Do any lines in the data below contain "subst"? If so, copy every one of them.

» **AVAILABLE DATA**
* * * *
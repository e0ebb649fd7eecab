-- ===== src/Accounts/Sound/Edits.antt =====
-- Edits of a profile and new sessions keep the accounts sound.
use stranger_club.Base.{
  ℕ, ◌≡◌, refl, String, Bool, true, false, not, Option, none, some, eq_iff, subst, ==→eq,
}
use stranger_club.Db.Query.{get, update, delete, count_where, first_where}
use stranger_club.Db.Query.Laws.{first_where-get}
use stranger_club.Exec.{
  Error, Result, err, Session, Exec, integrity_error, require, modify, run, ◌>>=◌, ◌>>◌,
  except_integrity,
}
use stranger_club.Exec.Ends.{
  Ends, Ends-pure, Ends-require, Ends-modify, Ends-commit, Ends-run, Ends-found, Ends-gets,
}
use stranger_club.Avatars.{PlayerProfile, profile_of}
use stranger_club.Schemas.Emails.{lower}
use stranger_club.Accounts.{Account, Accounts, has_email, has_phone}
use stranger_club.Accounts.Passwords.{email_taken}
use stranger_club.Accounts.Profile.{
  ProfileUpdate, is_null_role, edited_profile, new_email, index_is_free, with_email, edit_row,
  flush_profile, update_profile,
}
use stranger_club.Accounts.Login.{
  Cookies, end_session, new_session, start_player_session, finish_login,
}
use stranger_club.Accounts.Sound.{IdentitySound, Sound}
use stranger_club.Accounts.Sound.Identity.{
  edited-IdentitySound, written-IdentitySound, kept-IdentitySound, others_fail,
}
use stranger_club.Accounts.Sound.Sessions.{ended-SessionsSound, started-SessionsSound}
use stranger_club.Accounts.Sound.Codes.{LeavesSound}

module _ (id : ℕ) (player : Account) (d : Accounts) (s : Sound d)
    (held : get d.users id ≡ some player) where
  email-IdentitySound :
      (o : Option String)
      → index_is_free id o d ≡ true
      → IdentitySound (update d.users id (with_email o player)) d.profiles
  email-IdentitySound none free =
      kept-IdentitySound d.users d.profiles id player player s.identity held refl refl
  email-IdentitySound (some email) free =
      written-IdentitySound d.users d.profiles id player (record player { email = some email })
        s.identity held
        (λ e has.
          subst (λ o. count_where (has_email o) (delete d.users id) ≡ 0)
            ((eq_iff (lower email) e).0 has) (==→eq _ 0 free))
        (λ phone has.
          others_fail (has_phone phone) d.users id player s.identity.table held
            (s.identity.one_phone phone) has)

  edited-Sound :
      (p : ProfileUpdate) (row : Option (ℕ × PlayerProfile)) (o : Option String)
      → index_is_free id o d ≡ true
      → first_where (profile_of id) d.profiles ≡ row
      → Sound (record d {
        users = update d.users id (with_email o player);
        profiles = edit_row p row d.profiles;
      })
  unfolding edited_profile
  edited-Sound p none o free e = record {
    challenges = s.challenges;
    identity = email-IdentitySound o free;
    sessions = s.sessions;
  }
  edited-Sound p (some (k, row)) o free e =
      let (stored, _) =
        first_where-get (profile_of id) d.profiles k row s.identity.avatars.table e in
      record {
        challenges = s.challenges;
        identity =
            edited-IdentitySound (update d.users id (with_email o player)) d.profiles k row
              (edited_profile p row) (email-IdentitySound o free) stored refl refl;
        sessions = s.sessions;
      }

module _ {ℓ} {A : Type ℓ} {Q : Result A → Accounts → Type 0} where
  two_tests-Ends :
      (b c : Bool) (e : Error) (f : Accounts → Accounts) (k : Unit {0} → Exec Accounts A)
      (s : Session Accounts)
      → Q (err e) s.committed
      → (b ≡ true → c ≡ true → Ends Q (k tt) (record s { working = f s.working }))
      → Ends Q
          (except_integrity e (require b integrity_error >> (require c integrity_error >> modify f))
            >>= k)
          s
  unfolding except_integrity ◌>>=◌
  two_tests-Ends true true e f k s failed rest = record { holds = (rest refl refl).holds }
  two_tests-Ends true false e f k s failed rest = record { holds = failed }
  two_tests-Ends false c e f k s failed rest = record { holds = failed }

  pub Ends-flush_profile :
      (id : ℕ) (p : ProfileUpdate) (player : Account) (row : Option (ℕ × PlayerProfile))
      (k : Unit {0} → Exec Accounts A) (s : Session Accounts)
      → Q (err email_taken) s.committed
      → (index_is_free id (new_email p player) s.working ≡ true
          → not (is_null_role p.cricket_role) ≡ true
          → Ends Q (k tt) (record s {
            working = record s.working {
              users = update s.working.users id (with_email (new_email p player) player);
              profiles = edit_row p row s.working.profiles;
            };
          }))
      → Ends Q (except_integrity email_taken (flush_profile id p player row) >>= k) s
  unfolding flush_profile except_integrity ◌>>=◌
  Ends-flush_profile id p player row k s failed rest = record {
    holds =
        (two_tests-Ends (index_is_free id (new_email p player) s.working)
          (not (is_null_role p.cricket_role)) email_taken
          (λ d. record d {
            users = update d.users id (with_email (new_email p player) player);
            profiles = edit_row p row d.profiles;
          })
          k s failed rest).holds;
  }

pub update_profile-Sound :
    (id : ℕ) (before : Accounts) (p : ProfileUpdate) (d : Accounts)
    → Sound d
    → Sound (run (update_profile id before p) d).1
unfolding update_profile
update_profile-Sound id before p d s = Ends-run {Q = LeavesSound} _ d (
    Ends-gets _ _ _ (
      Ends-found _ _ _ _ s λ player held. Ends-gets _ _ _ (
        Ends-require _ _ _ _ s λ unseen. Ends-require _ _ _ _ s λ has_row.
          Ends-flush_profile id p player (first_where (profile_of id) d.profiles) _ _ s λ free role.
            let sound = edited-Sound id player d s held p _ _ free refl in
            Ends-commit _ _ (Ends-found _ _ _ _ sound λ found e. Ends-pure _ _ sound))))

module _ (now id : ℕ) (c : Cookies) where
  start-Sound :
      (s : Session Accounts)
      → Sound s.committed
      → Sound s.working
      → Ends LeavesSound (start_player_session now id c) s
  unfolding start_player_session new_session
  start-Sound s h w = Ends-gets _ _ _ (
      Ends-found _ _ _ _ h λ user held. Ends-modify _ _ _ (
        Ends-gets _ _ _ (
          Ends-require _ _ _ _ h λ free. Ends-modify _ _ _ (
            Ends-commit _ _ (
              Ends-pure _ _ (record {
                challenges = w.challenges;
                identity = w.identity;
                sessions =
                    started-SessionsSound (end_session c.existing s.working.sessions) _
                      (ended-SessionsSound c.existing s.working.sessions w.sessions)
                      (==→eq _ 0 free);
              }))))))

  pub start_player_session-Sound :
      (d : Accounts) → Sound d → Sound (run (start_player_session now id c) d).1
  start_player_session-Sound d s = Ends-run {Q = LeavesSound} _ d (start-Sound _ s s)

  pub finish_login-Sound : (d : Accounts) → Sound d → Sound (run (finish_login now id c) d).1
  unfolding finish_login
  finish_login-Sound d s = Ends-run {Q = LeavesSound} _ d (
      Ends-gets _ _ _ (
        Ends-found _ _ _ _ s λ user held. Ends-modify _ _ _ (
          let sound : Sound
              (record d { users = update d.users id (record user { last_login_at = some now }) }) =
            record {
              challenges = s.challenges;
              identity = kept-IdentitySound d.users d.profiles id user _ s.identity held refl refl;
              sessions = s.sessions;
            } in
          Ends-commit _ _ (start-Sound _ sound sound))))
* * * *
» **EXPECTED ANSWER**
  ℕ, ◌≡◌, refl, String, Bool, true, false, not, Option, none, some, eq_iff, subst, ==→eq,
          subst (λ o. count_where (has_email o) (delete d.users id) ≡ 0)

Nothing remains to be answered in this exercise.